WHAT TO WORK ON: All lines that hold the string "joined" should be copied. Find them in the listing below.

DATA FOR REVIEW:
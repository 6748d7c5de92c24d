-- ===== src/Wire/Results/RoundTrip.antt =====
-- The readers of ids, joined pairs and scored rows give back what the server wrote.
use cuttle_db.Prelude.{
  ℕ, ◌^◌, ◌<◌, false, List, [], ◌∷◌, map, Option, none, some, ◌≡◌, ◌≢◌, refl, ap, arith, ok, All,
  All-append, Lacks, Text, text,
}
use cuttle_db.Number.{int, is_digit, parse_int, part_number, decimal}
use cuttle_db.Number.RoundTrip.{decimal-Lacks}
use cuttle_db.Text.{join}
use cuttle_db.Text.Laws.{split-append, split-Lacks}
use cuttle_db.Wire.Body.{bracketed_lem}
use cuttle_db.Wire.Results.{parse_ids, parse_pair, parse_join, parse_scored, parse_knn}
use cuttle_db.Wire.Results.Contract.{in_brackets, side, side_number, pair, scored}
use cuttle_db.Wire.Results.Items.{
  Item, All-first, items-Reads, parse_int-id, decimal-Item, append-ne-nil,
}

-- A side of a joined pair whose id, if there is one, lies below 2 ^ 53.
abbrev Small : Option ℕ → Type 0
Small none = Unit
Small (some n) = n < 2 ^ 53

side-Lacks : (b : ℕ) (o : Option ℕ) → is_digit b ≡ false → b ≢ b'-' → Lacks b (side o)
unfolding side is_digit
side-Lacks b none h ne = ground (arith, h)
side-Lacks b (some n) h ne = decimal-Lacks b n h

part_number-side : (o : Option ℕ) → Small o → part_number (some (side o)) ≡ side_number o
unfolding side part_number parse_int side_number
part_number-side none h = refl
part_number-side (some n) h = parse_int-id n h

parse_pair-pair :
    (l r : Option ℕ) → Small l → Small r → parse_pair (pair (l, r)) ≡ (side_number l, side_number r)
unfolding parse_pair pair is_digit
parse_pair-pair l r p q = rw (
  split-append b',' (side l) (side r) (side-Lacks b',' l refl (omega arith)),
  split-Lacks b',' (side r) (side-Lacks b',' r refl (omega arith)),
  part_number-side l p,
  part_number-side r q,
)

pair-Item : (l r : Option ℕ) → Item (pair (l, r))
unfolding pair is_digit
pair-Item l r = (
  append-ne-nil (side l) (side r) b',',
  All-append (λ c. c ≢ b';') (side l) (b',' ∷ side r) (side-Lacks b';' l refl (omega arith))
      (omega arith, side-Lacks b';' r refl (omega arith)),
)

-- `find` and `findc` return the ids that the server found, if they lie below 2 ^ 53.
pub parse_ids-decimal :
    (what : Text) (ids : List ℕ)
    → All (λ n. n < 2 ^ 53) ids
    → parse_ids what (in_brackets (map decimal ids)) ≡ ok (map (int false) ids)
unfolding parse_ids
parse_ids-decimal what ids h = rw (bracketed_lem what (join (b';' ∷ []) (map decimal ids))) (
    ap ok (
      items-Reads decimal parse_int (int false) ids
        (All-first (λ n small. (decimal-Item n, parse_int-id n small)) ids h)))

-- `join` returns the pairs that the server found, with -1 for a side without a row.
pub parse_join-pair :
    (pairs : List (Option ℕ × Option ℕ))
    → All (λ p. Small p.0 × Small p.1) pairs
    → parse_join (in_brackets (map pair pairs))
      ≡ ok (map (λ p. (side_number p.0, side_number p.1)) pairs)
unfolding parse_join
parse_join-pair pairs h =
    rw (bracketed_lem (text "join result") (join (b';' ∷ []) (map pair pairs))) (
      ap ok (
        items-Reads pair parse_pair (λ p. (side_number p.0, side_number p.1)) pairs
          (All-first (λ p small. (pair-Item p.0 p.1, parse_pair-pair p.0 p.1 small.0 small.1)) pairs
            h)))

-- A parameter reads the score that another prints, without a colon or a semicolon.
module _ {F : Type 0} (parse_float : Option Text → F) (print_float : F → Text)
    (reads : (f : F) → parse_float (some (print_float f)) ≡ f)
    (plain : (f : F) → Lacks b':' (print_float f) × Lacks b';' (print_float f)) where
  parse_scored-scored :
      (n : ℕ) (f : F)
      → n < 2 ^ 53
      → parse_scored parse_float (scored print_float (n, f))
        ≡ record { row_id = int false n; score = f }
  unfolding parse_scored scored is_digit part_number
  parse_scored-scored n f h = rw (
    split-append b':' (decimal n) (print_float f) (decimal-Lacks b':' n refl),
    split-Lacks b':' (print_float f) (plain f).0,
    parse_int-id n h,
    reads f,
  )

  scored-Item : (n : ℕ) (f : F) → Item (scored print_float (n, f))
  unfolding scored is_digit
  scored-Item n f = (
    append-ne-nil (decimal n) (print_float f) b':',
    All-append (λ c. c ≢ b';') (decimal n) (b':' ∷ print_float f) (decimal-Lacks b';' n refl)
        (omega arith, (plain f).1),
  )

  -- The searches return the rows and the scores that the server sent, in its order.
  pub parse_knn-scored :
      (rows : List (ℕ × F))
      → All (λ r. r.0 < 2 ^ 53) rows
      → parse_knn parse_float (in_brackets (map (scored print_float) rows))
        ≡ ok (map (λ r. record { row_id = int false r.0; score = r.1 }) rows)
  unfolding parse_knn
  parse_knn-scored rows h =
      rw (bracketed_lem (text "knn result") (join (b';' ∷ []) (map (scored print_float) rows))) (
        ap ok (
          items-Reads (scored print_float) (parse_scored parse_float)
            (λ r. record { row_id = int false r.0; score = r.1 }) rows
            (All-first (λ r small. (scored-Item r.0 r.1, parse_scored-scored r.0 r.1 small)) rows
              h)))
...
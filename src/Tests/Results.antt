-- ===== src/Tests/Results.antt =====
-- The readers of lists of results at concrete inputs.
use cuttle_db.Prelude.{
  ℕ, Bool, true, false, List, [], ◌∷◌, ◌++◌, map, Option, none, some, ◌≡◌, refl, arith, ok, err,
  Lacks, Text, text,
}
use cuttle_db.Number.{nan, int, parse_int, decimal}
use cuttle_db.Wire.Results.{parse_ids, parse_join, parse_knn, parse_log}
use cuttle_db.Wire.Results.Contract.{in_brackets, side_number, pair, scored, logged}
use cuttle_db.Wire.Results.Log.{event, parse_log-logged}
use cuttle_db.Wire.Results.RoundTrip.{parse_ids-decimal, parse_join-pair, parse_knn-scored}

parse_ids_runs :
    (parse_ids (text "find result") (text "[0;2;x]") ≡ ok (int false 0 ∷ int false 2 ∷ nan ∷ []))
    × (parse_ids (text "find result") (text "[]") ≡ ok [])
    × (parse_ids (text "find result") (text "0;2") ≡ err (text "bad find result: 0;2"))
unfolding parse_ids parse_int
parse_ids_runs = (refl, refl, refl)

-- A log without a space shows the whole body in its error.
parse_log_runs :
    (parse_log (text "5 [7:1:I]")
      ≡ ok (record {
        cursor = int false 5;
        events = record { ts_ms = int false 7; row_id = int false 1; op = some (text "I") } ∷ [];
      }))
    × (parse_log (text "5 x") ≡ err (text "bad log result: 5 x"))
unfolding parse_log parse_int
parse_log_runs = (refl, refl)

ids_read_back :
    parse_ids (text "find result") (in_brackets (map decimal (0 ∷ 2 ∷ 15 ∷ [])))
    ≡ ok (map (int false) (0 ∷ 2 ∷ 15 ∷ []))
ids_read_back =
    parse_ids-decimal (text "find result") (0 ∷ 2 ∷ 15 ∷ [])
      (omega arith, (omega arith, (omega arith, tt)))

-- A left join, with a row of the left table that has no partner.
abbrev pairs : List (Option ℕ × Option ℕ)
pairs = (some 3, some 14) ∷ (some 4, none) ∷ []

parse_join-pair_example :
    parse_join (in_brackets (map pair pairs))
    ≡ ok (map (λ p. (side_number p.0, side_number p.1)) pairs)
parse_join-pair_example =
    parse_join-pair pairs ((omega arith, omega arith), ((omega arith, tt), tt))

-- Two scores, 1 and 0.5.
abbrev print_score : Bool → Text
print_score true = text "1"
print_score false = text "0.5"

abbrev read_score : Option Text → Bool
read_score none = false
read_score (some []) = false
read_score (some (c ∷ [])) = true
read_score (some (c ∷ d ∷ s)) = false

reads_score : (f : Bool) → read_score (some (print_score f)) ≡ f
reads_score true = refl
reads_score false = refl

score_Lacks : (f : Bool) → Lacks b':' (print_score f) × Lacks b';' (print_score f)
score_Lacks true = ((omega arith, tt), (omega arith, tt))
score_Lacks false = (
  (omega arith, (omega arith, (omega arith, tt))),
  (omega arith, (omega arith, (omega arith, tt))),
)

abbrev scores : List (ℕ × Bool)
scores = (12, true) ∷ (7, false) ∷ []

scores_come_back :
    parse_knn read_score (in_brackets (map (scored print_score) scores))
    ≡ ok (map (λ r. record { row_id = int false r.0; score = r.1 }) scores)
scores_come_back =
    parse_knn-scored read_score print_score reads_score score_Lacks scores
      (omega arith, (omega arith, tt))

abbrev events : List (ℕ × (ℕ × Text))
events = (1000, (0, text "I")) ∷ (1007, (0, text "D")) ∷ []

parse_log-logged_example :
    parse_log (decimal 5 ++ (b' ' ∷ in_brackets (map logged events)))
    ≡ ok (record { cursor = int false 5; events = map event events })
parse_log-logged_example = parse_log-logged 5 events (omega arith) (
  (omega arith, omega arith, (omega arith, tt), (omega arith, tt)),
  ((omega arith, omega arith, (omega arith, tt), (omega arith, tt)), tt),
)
...
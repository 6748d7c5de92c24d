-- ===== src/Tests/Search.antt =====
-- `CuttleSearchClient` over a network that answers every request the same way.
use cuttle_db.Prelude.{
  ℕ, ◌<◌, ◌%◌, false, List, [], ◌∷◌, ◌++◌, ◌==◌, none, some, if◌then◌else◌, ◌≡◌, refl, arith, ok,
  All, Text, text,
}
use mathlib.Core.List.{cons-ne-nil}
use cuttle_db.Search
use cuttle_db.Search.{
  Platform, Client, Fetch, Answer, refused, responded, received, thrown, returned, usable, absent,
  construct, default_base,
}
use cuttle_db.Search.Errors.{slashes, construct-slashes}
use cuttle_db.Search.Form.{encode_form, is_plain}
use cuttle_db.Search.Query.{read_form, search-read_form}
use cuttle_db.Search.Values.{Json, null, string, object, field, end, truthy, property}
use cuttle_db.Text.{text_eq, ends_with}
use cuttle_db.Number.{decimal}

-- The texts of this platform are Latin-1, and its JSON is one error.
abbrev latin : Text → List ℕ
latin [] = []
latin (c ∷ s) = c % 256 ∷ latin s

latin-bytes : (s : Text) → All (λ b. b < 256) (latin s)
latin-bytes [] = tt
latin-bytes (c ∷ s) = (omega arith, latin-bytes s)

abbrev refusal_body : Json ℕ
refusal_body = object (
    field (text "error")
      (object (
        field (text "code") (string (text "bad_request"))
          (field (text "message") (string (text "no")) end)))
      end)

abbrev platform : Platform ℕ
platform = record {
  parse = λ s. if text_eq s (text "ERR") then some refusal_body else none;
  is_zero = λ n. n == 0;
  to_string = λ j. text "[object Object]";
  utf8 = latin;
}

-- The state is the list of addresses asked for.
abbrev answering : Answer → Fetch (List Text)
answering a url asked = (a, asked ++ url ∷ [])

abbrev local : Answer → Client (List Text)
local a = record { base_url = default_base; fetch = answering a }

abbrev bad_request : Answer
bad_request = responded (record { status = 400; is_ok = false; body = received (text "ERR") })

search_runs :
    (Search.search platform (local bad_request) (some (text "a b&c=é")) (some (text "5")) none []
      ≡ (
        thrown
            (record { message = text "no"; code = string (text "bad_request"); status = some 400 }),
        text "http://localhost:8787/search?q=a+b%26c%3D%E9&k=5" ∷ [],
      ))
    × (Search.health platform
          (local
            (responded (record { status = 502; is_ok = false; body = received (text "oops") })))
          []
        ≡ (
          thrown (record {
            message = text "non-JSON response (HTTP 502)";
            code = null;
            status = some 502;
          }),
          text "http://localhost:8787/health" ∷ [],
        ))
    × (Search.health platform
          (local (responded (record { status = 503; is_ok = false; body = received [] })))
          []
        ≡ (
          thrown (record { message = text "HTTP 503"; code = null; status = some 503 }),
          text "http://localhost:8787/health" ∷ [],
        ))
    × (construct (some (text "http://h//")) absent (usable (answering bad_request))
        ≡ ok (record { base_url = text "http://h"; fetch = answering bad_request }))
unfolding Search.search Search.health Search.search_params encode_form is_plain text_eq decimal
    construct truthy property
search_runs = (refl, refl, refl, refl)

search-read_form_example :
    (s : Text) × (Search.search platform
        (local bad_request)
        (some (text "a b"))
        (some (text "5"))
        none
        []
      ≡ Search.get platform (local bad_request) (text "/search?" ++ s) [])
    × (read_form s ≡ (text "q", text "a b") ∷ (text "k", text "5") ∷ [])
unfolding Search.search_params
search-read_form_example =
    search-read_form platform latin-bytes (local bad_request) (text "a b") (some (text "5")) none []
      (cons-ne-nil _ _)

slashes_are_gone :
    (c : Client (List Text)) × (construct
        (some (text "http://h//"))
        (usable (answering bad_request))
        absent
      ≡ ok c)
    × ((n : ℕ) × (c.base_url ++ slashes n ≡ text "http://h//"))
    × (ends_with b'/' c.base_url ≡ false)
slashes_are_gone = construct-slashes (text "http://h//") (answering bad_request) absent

ANSWER TO THIS PROBLEM:
-- The readers of ids, joined pairs and scored rows give back what the server wrote.
-- A side of a joined pair whose id, if there is one, lies below 2 ^ 53.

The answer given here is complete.